Import the image to an ECS instance

In order to import our OVA image, we must create (in the same directory where we have the image), a fille, “xxx.json” with xxx being the image name, with contents similar to the following:

[
  {
    "Description": "Mi maquina OVA",
    "Format": "ova",
    "UserBucket": {
        "S3Bucket": "vuestro_bucket",
        "S3Key": "VM/vuestra_imagen.ova"
    }
  }         
]

 

Then we run the importation command (be careful, this is only one line):

D:\VirtualBox> aws ec2 import-image --description "Clon from OVA" --license-type BYOL --role-name vmimport --disk-containers file://xxx.json

It is important for us to annotate the id of the importation task, because we will need it later.
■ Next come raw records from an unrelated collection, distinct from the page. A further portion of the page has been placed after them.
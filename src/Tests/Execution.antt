-- ===== src/Tests/Execution.antt =====
-- Orders of the simulated broker, and the switches of the trading-mode gate.
use mathlib.Core.List.{Perm}
use tera_trade.Prelude.{inr, ◌≡◌, ◌≢◌, refl, true, false, ℕ, some, none, [], ◌∷◌, All, Bool}
use tera_trade.Prelude.Int.{pos}
use tera_trade.Number.Fixed.{Fixed, fixed_number, Fixed-IsOrdered}
use tera_trade.Market.{long}
use tera_trade.Tests.Data.{params, whole_points}
use tera_trade.Brokers.Types.{BrokerClient, buy}
use tera_trade.Brokers.Simulated.{SimulatedBroker, SimBracket, Key, get, place_order}
use tera_trade.Brokers.Simulated.Trailing.{
  update_trailing_stop-IsNoLooser, after_prices, IsNoLooser,
}
use tera_trade.Execution.Mode.{
  TradingMode, live, paper, analysis_only, Settings, Gate, ConfidenceTierInput, done, set_mode,
  set_tradesea_live_enabled, set_assistant_actions_enabled, get_system_state,
}
use tera_trade.Execution.Mode.Gated.{IsGated, set_mode_live_iff}
use tera_trade.Execution.Controls.{validate_confidence_tier_inputs}
use tera_trade.Execution.Controls.Ladder.{
  validate_confidence_tier_inputs-IsSound, IsSound, IsAscending,
}
use tera_trade.Execution.Reach.{started, stepped, mode_set, IsReachable-IsGated}
use tera_trade.Execution.Engine.{
  Setup, Database, taken, Reason, not_executed, missing_stop, execute_if_approved,
}
use tera_trade.Execution.Engine.Guards.{execute_if_approved_held_back}
use tera_trade.Execution.Engine.Covered.{execute_if_approved_covered}
use tera_trade.Risk.Engine.{assess_new_trade}

-- The simulated broker as the execution engine sees it: it has no reads of the account.
abbrev pub client : BrokerClient Fixed (SimulatedBroker Fixed)
client = record {
  place_order = place_order;
  is_position_flat = λ symbol b. (none, b);
  cancel_resting_order = λ symbol b. b;
}

abbrev pub empty_broker : SimulatedBroker Fixed
empty_broker = record { next_order_id = 1; positions = []; brackets = []; orders = [] }

abbrev pub empty_database : Database Fixed
empty_database = record { next_trade_id = 1; trades = []; order_records = []; score_links = [] }

abbrev setup_in : TradingMode → Setup Fixed
setup_in mode = record {
  mode = mode;
  broker_account_id = "sim-1";
  signal = record { strategy_id = "breakout"; symbol = "NQ"; side = long };
  decision = taken;
  assessment = assess_new_trade params;
  entry_price = whole_points 5000;
  score_id = some 7;
}

execute_if_approved_held_back_example :
    let o = execute_if_approved client (setup_in analysis_only) empty_broker empty_database in
    (o.broker_state ≡ empty_broker)
    × (o.database ≡ empty_database)
    × ((r : Reason) × (o.result ≡ not_executed r))
execute_if_approved_held_back_example =
    execute_if_approved_held_back client (setup_in analysis_only) empty_broker empty_database
      (inr (inr refl))

execute_if_approved_covered_example :
    (execute_if_approved client (setup_in paper) empty_broker empty_database).result ≢ missing_stop
execute_if_approved_covered_example =
    execute_if_approved_covered client (setup_in paper) empty_broker empty_database params refl

abbrev bracket : SimBracket Fixed
bracket = record {
  side = buy;
  quantity = 2;
  entry_price = whole_points 5000;
  stop_price = whole_points 4996;
  take_profit_price = some (whole_points 5012);
  trail_ticks = some 20;
  tick_size = pos 2500;
  highest_favorable = whole_points 5000;
}

abbrev key : Key
key = ("sim-1", "NQ")

abbrev open_broker : SimulatedBroker Fixed
open_broker = record {
  next_order_id = 2;
  positions = [];
  brackets = (key, bracket) ∷ [];
  orders = [];
}

bracket_found : get key open_broker.brackets ≡ some bracket
unfolding get
bracket_found = refl

update_trailing_stop-IsNoLooser_example :
    (w : SimBracket Fixed) × (get key
        (after_prices key (whole_points 5006 ∷ whole_points 5002 ∷ []) open_broker).brackets
      ≡ some w)
    × (w.side ≡ buy)
    × IsNoLooser buy (whole_points 4996) w.stop_price
update_trailing_stop-IsNoLooser_example =
    update_trailing_stop-IsNoLooser Fixed-IsOrdered key (whole_points 5006 ∷ whole_points 5002 ∷ [])
      open_broker bracket_found

abbrev pub settings : Settings
settings = record {
  trading_mode = analysis_only;
  live_trading_confirmed = true;
  tradesea_enabled = true;
  tradesea_live_trading_confirmed = true;
  assistant_enabled = true;
  has_gemini_api_key = true;
  assistant_actions_confirmed = true;
}

abbrev connected : Gate Fixed
connected = record {
  row = none;
  live_broker_connected = true;
  tradesea_live_broker_connected = true;
}

went_live : (g : Gate Fixed) × (set_mode settings live connected ≡ done g)
went_live = (set_mode_live_iff settings connected).1 (refl, refl)

IsReachable-IsGated_example : IsGated settings went_live.0
IsReachable-IsGated_example = IsReachable-IsGated settings went_live.0 (
    stepped connected went_live.0 (started connected refl)
      (mode_set live connected went_live.0 went_live.1))

abbrev with_mode : TradingMode → Bool → Bool → Gate Fixed
with_mode mode tradesea assistant = record connected {
  row = some (record (get_system_state settings connected) {
    mode = mode;
    tradesea_live_enabled = tradesea;
    assistant_actions_enabled = assistant;
  });
}

mode_changed : set_mode settings paper connected ≡ done (with_mode paper false false)
unfolding set_mode
mode_changed = refl

tradesea_changed :
    set_tradesea_live_enabled settings true connected ≡ done (with_mode analysis_only true false)
unfolding set_tradesea_live_enabled
tradesea_changed = refl

assistant_changed :
    set_assistant_actions_enabled settings true connected
    ≡ done (with_mode analysis_only false true)
unfolding set_assistant_actions_enabled
assistant_changed = refl

abbrev input : ℕ → ℕ → ConfidenceTierInput Fixed
input threshold quantity = record { threshold = pos threshold; quantity = whole_points quantity }

inputs_accepted :
    validate_confidence_tier_inputs (input 8000 3 ∷ input 6000 1 ∷ input 7000 2 ∷ [])
    ≡ done (input 6000 1 ∷ input 7000 2 ∷ input 8000 3 ∷ [])
unfolding validate_confidence_tier_inputs
inputs_accepted = refl

validate_confidence_tier_inputs-IsSound_example :
    Perm
      (input 8000 3 ∷ input 6000 1 ∷ input 7000 2 ∷ [])
      (input 6000 1 ∷ input 7000 2 ∷ input 8000 3 ∷ [])
    × All IsSound (input 6000 1 ∷ input 7000 2 ∷ input 8000 3 ∷ [])
    × IsAscending (input 6000 1 ∷ input 7000 2 ∷ input 8000 3 ∷ [])
validate_confidence_tier_inputs-IsSound_example =
    validate_confidence_tier_inputs-IsSound (input 8000 3 ∷ input 6000 1 ∷ input 7000 2 ∷ [])
      (input 6000 1 ∷ input 7000 2 ∷ input 8000 3 ∷ []) inputs_accepted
IMPORTANT: the vmimport role has to be created beforehand. Refer to how it is done in the IAM documentation:

http://docs.aws.amazon.com/vm-import/latest/userguide/vmimport-image-import.html

The command is remotely run in EC2, and it takes quite a while, so be patient.  If at any time we want to check the status of the task, we can use the following command:

aws ec2 describe-import-image-tasks --import-task-ids import-ami-xxx

Where xxx is the id of the import task that we previously noted down.
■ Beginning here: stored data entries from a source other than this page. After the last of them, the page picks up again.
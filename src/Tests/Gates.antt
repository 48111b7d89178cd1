-- ===== src/Tests/Gates.antt =====
-- The gates before an entry, on a reading, a chart and an account.
use tera_trade.Prelude.{◌≡◌, ◌≤◌, ◌↔◌, ℕ, ◌+◌, refl, true, false, some, Option, [], ◌∷◌}
use tera_trade.Number.Fixed.{Fixed, fixed_number}
use tera_trade.Market.{long, opposite}
use tera_trade.Tests.Data.{whole_points, account, limits}
use tera_trade.Risk.TiltGate.{
  OrderFlowSnapshot, TiltReading, tilt_reading, updated_at, check_tilt_alignment, tilt_max_age_ms,
}
use tera_trade.Risk.TiltGate.Alignment.{check_tilt_alignment_iff, Wins}
use tera_trade.Risk.ChartZoneGate.{ChartZoneRead, read_ok, check_chart_zone}
use tera_trade.Risk.CircuitBreakers.{check_circuit_breakers}
use tera_trade.Risk.CircuitBreakers.Limits.{check_circuit_breakers_iff, IsSolvent, IsUnpaused}

abbrev pub snapshot : Option (OrderFlowSnapshot Fixed)
snapshot = some record {
  tilt_long_bias = some (whole_points 60);
  tilt_short_bias = some (whole_points 40);
  tilt_positive_pct = some (whole_points 58);
  tilt_negative_pct = some (whole_points 42);
  tilt_updated_at_ms = some 1000;
}

tilt_allows : (check_tilt_alignment snapshot long 60_000).allowed ≡ true
unfolding check_tilt_alignment
tilt_allows = refl

check_tilt_alignment_iff_example : ((check_tilt_alignment snapshot long 60_000).allowed ≡ true) ↔ (
    (r : TiltReading Fixed) × (t : ℕ) × (tilt_reading snapshot ≡ some r)
    × (updated_at snapshot ≡ some t)
    × (60_000 ≤ t + tilt_max_age_ms)
    × ¬ Wins r (opposite long))
check_tilt_alignment_iff_example = check_tilt_alignment_iff snapshot long 60_000

abbrev pub chart : ChartZoneRead Fixed
chart =
    read_ok
      ((
        "NQ",
        record { low = whole_points 4990; high = whole_points 5010; chart_symbol = "NQ" } ∷ [],
      )
        ∷ [])
      ("NQ" ∷ [])

chart_allows : (check_chart_zone chart "NQ" (whole_points 5000)).allowed ≡ true
unfolding check_chart_zone
chart_allows = refl

check_circuit_breakers_iff_example :
    let d = check_circuit_breakers true account limits in
    ((d.allowed ≡ true) ↔ (IsSolvent account limits × IsUnpaused account limits))
    × ((d.trip_kill_switch ≡ false) ↔ IsSolvent account limits)
check_circuit_breakers_iff_example = check_circuit_breakers_iff account limits
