-- ===== src/Tests/Levels.antt =====
-- Levels near a price, and the clusters that they come from.
use tera_trade.Prelude.Int.{◌-ℤ◌}
use tera_trade.Prelude.{◌≡◌, refl, some, List, [], ◌∷◌}
use tera_trade.Number.Fixed.{Fixed, fixed_number}
use tera_trade.Market.{long}
use tera_trade.Tests.Data.{whole_points}
use tera_trade.Analytics.SupportResistance.{
  SrLevel, support, resistance, Pivot, pivot_low, find_nearest_target_level,
}

abbrev level : SrLevel Fixed
level = record { price = whole_points 5012; touches = 3; type = resistance }

abbrev levels : List (SrLevel Fixed)
levels =
    record { price = whole_points 4990; touches = 4; type = support }
    ∷ record { price = whole_points 5030; touches = 2; type = resistance }
    ∷ level
    ∷ []

level_found : find_nearest_target_level levels long (whole_points 5000) ≡ some level
unfolding find_nearest_target_level ◌-ℤ◌
level_found = refl

abbrev pivots : List (Pivot Fixed)
pivots =
    record { price = whole_points 5000; kind = pivot_low }
    ∷ record { price = whole_points 5010; kind = pivot_low }
    ∷ record { price = whole_points 5001; kind = pivot_low }
    ∷ []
Once the importation has been finalized, we can proceed to launch an instance in EC2.

Launch AMI in EC2

This step we have to do in the AWS console, and it is very simple:

  • We go to EC2 service and click on AMIs.  A new AMI corresponding to our import should appear.  In the “AMI Name” column, the import task name will appear, which we had noted down before.
  • So as not to get confused in future, it would be good to change the “alias”.  We just need to drag the mouse over the “Name” column and an editing symbol will appear.  We click on it and enter an explanatory name, for example, “milinux-bak”.
  • A wizard will be executed that will ask us the kind of instance, the IAM role, the SecurityGroup, the EBS disk size we need (in this case, 60GB), etc.  (I presume that the reader is familiar with Amazon EC2).
  • Once launched, the instance will initially be in “stopped” status.  In the EC2 console, if we click on “Instances”, we can select and click “Actions/Instance State/Stat”.  We should wait until it is completely booted.  In the lower portion of the window, we will see all the details of our new instance, including the public IP address that EC2 has assigned (initially this IP is volatile).  We should now be able to connect with Putty or Nomachine, and even access through Samba (depending on our original server).

 

Assign a static public IP

This last step is optional.  The idea is to assign a public IP to the instance so that it remains constant, irrespective of whether the VM is booted or stopped.  For this we use an “Elastic IP”:

  • We retain the instance, and wait till it is completely stopped.
  • We click on “Elastic IPs”.
  • We click on “Allocate new address”.  A new IP will be generated for us.
  • We associate this new IP with our new instance.
  • Lastly, boot the instance once again, which will now always appear with this public IP.

 

And that’s it.  We now have contingency environment in EC2.  We hope you enjoy it!